___ Provided data ___

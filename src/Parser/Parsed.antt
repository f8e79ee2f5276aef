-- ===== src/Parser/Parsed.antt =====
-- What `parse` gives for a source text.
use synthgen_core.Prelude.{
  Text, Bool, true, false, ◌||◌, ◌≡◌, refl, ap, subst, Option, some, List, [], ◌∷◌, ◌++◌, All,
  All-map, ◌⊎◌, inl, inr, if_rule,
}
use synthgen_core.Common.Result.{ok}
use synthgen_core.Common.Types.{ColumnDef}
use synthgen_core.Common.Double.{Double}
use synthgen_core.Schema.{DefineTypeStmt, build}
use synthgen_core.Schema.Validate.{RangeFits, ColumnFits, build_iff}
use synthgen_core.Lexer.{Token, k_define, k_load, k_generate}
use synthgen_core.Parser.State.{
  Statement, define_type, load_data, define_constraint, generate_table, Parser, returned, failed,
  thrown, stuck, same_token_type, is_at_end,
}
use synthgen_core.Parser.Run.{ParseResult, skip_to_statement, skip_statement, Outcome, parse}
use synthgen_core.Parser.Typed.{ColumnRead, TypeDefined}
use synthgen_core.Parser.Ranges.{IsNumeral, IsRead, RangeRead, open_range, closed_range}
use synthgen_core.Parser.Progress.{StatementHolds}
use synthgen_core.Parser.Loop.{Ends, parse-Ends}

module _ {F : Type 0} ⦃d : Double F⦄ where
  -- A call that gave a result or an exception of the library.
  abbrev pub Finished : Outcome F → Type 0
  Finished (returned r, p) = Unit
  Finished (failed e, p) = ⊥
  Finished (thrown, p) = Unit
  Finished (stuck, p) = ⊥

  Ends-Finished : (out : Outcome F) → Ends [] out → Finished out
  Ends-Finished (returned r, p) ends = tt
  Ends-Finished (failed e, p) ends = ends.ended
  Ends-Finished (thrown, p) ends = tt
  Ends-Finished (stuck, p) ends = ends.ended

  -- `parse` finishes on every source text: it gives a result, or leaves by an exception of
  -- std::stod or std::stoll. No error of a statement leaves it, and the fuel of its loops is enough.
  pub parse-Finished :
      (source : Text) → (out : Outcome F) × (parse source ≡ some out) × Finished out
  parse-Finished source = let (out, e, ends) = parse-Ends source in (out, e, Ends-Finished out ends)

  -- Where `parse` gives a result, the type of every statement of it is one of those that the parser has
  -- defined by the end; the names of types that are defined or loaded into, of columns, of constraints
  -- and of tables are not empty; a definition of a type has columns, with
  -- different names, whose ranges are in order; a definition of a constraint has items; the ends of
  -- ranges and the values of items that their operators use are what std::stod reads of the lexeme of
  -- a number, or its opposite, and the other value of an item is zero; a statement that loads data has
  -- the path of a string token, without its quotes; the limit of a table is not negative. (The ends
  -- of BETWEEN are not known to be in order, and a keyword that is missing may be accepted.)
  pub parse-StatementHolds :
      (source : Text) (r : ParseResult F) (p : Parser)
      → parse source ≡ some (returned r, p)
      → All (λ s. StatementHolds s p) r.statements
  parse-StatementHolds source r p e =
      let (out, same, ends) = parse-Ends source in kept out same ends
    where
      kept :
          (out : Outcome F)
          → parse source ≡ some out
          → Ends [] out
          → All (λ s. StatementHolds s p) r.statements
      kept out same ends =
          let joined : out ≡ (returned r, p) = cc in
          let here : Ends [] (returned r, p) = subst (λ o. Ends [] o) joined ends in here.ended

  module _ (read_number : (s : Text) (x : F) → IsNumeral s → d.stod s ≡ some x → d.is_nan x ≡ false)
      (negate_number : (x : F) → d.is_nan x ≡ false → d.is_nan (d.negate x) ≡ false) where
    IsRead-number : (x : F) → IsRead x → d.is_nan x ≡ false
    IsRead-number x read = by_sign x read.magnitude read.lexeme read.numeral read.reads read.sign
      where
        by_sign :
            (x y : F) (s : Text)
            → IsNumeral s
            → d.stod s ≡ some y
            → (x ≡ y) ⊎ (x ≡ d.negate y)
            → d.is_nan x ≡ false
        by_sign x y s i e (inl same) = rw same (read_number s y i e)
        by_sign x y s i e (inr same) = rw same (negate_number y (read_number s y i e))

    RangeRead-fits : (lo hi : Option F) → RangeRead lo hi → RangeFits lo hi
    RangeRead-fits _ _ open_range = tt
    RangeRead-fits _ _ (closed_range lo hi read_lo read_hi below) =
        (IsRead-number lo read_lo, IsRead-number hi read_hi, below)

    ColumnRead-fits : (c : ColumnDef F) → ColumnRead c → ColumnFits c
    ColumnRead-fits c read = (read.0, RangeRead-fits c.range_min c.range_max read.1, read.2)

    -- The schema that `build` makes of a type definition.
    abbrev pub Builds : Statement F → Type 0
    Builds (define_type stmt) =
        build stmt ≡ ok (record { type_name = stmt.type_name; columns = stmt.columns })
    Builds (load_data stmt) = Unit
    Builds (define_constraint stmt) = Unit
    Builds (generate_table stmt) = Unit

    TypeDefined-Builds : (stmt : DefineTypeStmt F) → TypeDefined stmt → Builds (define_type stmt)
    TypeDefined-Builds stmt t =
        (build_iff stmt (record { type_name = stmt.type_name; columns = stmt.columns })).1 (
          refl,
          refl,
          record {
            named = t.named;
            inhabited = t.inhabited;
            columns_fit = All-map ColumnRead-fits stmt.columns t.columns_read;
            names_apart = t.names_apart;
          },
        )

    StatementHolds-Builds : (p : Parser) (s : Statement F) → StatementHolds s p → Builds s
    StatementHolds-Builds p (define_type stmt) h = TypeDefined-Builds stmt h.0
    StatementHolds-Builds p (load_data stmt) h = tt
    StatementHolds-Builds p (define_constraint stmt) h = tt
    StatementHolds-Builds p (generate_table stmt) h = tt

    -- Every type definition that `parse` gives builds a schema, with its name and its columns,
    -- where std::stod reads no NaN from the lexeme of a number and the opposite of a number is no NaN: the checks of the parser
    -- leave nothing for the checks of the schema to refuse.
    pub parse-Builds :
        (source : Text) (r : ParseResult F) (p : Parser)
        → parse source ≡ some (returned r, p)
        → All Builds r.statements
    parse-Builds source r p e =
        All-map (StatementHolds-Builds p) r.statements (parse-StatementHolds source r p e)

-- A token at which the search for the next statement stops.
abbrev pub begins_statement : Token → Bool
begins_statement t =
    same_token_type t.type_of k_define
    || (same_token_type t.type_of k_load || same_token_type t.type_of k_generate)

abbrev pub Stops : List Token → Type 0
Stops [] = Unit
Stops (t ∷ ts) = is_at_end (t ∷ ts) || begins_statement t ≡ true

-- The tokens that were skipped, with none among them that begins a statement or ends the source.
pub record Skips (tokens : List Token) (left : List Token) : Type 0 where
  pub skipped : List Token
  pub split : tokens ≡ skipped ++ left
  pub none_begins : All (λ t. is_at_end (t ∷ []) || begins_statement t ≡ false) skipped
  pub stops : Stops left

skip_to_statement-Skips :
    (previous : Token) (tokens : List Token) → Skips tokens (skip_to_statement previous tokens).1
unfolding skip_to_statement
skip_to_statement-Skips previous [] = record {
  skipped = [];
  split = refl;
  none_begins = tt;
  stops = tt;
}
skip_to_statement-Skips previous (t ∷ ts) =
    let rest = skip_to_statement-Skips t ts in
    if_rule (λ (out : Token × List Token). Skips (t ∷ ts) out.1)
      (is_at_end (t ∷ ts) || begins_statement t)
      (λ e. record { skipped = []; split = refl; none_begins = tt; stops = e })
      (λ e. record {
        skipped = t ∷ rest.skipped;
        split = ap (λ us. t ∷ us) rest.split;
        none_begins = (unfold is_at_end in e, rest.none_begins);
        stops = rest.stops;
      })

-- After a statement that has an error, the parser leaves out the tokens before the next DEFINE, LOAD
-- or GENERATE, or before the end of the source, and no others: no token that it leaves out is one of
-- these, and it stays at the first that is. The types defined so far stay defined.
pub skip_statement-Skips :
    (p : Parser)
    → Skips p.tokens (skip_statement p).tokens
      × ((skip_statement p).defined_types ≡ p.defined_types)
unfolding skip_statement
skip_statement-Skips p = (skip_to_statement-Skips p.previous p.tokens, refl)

___
___ Provided data ___

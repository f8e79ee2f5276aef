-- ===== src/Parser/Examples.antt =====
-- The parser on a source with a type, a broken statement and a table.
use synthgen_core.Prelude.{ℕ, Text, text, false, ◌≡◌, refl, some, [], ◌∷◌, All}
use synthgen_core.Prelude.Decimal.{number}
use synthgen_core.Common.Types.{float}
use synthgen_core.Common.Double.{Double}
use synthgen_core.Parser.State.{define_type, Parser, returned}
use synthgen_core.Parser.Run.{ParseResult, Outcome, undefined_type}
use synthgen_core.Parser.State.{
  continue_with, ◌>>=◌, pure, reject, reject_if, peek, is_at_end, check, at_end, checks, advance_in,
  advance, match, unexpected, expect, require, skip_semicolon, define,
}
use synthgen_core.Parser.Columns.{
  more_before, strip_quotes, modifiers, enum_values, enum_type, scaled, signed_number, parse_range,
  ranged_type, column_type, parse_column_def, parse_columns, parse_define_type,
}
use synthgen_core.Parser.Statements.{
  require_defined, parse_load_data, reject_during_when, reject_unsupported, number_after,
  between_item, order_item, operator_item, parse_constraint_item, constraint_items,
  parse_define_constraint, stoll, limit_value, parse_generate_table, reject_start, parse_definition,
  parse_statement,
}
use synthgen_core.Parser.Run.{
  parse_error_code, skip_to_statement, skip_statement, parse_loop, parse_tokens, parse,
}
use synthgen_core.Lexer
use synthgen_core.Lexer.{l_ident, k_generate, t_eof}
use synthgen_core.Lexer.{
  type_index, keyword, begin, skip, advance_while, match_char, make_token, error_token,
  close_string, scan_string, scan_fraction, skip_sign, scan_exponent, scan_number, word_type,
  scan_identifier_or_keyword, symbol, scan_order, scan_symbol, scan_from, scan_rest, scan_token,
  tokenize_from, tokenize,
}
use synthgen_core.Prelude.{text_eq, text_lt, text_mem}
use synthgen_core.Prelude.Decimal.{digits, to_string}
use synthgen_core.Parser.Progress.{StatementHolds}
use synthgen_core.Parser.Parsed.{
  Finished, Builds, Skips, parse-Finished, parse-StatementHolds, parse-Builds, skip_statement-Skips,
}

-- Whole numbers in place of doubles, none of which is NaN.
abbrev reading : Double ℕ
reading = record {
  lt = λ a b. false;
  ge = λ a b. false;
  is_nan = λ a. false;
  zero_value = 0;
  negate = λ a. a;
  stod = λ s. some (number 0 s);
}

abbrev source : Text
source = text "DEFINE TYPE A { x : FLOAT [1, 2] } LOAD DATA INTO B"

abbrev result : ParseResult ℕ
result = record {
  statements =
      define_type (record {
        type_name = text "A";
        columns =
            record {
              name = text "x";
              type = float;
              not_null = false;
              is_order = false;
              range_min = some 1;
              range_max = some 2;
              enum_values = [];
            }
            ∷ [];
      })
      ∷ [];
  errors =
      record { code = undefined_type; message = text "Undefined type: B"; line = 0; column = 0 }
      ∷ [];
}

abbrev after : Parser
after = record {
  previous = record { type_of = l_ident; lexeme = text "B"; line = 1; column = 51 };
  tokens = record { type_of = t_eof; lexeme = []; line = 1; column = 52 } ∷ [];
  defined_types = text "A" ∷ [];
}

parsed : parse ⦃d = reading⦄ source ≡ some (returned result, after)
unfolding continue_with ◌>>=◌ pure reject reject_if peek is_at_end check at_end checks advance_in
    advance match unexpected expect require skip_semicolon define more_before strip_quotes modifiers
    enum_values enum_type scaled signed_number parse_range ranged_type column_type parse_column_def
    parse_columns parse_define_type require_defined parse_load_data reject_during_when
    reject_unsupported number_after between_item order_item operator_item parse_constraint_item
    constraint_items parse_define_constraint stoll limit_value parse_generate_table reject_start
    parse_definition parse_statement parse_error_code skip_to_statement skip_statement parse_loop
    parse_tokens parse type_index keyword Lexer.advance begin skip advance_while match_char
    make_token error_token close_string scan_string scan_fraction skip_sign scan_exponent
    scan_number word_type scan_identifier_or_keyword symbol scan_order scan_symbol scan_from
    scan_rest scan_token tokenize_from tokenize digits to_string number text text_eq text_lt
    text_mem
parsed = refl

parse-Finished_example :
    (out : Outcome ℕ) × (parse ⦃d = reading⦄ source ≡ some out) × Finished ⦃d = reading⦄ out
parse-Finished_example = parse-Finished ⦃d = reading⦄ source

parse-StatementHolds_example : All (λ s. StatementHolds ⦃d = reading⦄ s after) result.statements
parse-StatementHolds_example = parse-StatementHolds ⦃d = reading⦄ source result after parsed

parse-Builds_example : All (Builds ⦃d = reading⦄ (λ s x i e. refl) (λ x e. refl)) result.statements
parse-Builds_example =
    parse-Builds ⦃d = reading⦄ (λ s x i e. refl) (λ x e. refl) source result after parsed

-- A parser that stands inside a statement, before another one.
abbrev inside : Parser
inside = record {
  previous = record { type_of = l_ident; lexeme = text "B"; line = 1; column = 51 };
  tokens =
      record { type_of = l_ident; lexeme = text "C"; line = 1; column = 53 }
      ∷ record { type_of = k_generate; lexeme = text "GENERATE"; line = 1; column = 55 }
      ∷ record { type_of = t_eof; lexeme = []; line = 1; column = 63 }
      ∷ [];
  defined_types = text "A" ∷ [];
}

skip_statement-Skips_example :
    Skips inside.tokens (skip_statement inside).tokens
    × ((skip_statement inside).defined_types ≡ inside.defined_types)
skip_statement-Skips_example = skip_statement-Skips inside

___
___ Provided data ___

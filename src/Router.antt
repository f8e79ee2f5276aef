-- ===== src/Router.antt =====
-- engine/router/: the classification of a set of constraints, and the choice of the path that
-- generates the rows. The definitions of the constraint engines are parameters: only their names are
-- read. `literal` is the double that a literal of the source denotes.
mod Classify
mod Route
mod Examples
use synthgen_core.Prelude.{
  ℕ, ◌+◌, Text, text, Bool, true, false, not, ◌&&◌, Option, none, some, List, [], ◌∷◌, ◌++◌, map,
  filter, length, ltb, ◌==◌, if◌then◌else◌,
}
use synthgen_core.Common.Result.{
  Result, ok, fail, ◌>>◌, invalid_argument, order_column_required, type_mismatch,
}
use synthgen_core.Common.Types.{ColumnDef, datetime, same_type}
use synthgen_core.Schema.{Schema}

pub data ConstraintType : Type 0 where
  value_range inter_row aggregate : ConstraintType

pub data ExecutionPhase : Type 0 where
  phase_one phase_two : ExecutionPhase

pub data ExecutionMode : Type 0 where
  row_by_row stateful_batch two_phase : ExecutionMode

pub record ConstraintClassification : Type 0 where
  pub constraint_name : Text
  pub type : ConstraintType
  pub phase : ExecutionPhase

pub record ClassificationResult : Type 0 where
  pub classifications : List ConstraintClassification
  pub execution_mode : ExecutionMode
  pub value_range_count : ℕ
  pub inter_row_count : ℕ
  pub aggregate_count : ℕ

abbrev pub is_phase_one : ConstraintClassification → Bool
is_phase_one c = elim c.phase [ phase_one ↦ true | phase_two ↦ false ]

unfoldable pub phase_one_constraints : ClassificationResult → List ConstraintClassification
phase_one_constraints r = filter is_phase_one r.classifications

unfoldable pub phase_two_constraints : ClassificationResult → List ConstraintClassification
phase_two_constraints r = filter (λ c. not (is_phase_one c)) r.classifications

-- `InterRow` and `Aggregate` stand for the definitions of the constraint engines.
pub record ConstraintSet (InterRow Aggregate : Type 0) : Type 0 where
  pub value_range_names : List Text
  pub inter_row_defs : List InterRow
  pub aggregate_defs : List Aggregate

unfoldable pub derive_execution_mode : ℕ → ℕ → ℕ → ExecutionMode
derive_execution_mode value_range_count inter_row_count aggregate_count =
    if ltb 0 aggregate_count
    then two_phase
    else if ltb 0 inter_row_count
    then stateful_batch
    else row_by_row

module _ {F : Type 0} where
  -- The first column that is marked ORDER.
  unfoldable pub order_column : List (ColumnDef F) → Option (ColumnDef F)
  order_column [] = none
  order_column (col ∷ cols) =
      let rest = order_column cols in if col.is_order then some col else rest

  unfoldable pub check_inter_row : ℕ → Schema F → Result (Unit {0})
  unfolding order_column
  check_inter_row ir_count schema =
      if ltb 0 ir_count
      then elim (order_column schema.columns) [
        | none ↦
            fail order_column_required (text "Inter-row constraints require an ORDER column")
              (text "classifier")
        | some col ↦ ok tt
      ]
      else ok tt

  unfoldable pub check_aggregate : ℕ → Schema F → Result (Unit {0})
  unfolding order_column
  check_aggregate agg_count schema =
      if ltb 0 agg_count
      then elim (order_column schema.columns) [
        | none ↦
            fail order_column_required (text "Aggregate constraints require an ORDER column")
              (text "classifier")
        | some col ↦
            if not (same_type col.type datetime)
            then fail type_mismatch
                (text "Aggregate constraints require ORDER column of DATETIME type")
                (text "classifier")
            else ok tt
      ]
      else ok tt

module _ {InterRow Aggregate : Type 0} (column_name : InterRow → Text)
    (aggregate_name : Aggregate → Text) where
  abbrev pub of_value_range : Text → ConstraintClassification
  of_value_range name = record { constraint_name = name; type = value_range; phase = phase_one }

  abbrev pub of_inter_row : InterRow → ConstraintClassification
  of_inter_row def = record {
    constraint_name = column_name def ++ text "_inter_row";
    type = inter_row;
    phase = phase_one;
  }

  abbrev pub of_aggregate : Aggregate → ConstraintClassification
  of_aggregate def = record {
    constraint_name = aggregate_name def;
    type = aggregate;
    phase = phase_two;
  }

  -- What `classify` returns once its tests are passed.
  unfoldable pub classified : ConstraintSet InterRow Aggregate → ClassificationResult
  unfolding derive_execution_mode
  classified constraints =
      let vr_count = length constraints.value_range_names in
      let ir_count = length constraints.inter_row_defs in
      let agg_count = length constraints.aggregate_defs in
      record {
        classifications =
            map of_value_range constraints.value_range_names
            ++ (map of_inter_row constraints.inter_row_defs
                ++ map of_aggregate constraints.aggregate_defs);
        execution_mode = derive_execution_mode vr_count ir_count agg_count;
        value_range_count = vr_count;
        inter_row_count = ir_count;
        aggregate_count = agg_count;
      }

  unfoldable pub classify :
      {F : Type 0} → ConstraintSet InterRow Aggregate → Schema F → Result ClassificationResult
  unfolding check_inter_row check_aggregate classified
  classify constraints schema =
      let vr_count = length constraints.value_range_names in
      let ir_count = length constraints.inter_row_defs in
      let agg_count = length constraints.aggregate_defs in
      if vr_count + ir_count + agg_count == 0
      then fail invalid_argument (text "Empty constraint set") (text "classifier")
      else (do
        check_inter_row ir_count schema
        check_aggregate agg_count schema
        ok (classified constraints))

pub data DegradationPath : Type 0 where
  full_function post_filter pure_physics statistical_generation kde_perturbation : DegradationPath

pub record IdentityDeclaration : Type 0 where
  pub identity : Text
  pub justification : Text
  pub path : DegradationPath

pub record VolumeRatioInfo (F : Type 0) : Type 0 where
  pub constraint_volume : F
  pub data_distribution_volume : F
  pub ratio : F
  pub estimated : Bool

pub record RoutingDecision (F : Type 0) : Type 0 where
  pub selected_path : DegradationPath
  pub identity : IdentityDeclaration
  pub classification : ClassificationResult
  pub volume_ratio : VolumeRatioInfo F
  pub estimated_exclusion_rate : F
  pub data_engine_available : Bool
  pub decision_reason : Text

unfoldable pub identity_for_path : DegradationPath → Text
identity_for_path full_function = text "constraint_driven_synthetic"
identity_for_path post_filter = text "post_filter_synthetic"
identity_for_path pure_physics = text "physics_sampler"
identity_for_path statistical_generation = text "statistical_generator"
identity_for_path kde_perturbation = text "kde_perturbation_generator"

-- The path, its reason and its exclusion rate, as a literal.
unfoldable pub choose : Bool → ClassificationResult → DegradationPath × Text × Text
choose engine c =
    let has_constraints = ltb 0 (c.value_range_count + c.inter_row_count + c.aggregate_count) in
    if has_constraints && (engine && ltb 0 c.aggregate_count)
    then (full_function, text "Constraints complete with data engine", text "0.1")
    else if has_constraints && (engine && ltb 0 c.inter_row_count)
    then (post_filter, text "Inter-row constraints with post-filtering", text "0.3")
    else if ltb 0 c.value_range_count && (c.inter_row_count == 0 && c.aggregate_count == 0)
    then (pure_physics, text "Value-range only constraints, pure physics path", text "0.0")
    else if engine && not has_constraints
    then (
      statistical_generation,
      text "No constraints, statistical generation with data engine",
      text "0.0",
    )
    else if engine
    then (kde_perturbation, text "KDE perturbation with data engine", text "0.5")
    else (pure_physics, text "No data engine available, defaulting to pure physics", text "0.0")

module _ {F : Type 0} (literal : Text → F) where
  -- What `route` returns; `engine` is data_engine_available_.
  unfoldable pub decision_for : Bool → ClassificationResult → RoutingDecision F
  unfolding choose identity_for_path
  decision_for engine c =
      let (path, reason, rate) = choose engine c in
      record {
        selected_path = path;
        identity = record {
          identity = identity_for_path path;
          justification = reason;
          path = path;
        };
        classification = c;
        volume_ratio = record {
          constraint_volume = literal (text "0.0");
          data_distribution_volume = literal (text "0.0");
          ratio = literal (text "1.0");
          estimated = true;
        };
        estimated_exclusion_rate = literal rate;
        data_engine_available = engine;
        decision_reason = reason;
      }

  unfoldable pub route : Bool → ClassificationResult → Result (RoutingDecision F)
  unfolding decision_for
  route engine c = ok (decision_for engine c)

___

▶ _Problem to solve_
Lines containing the word "DegradationPath": how many are there in the data above? Reply with only that number.

▶ _Response below_
6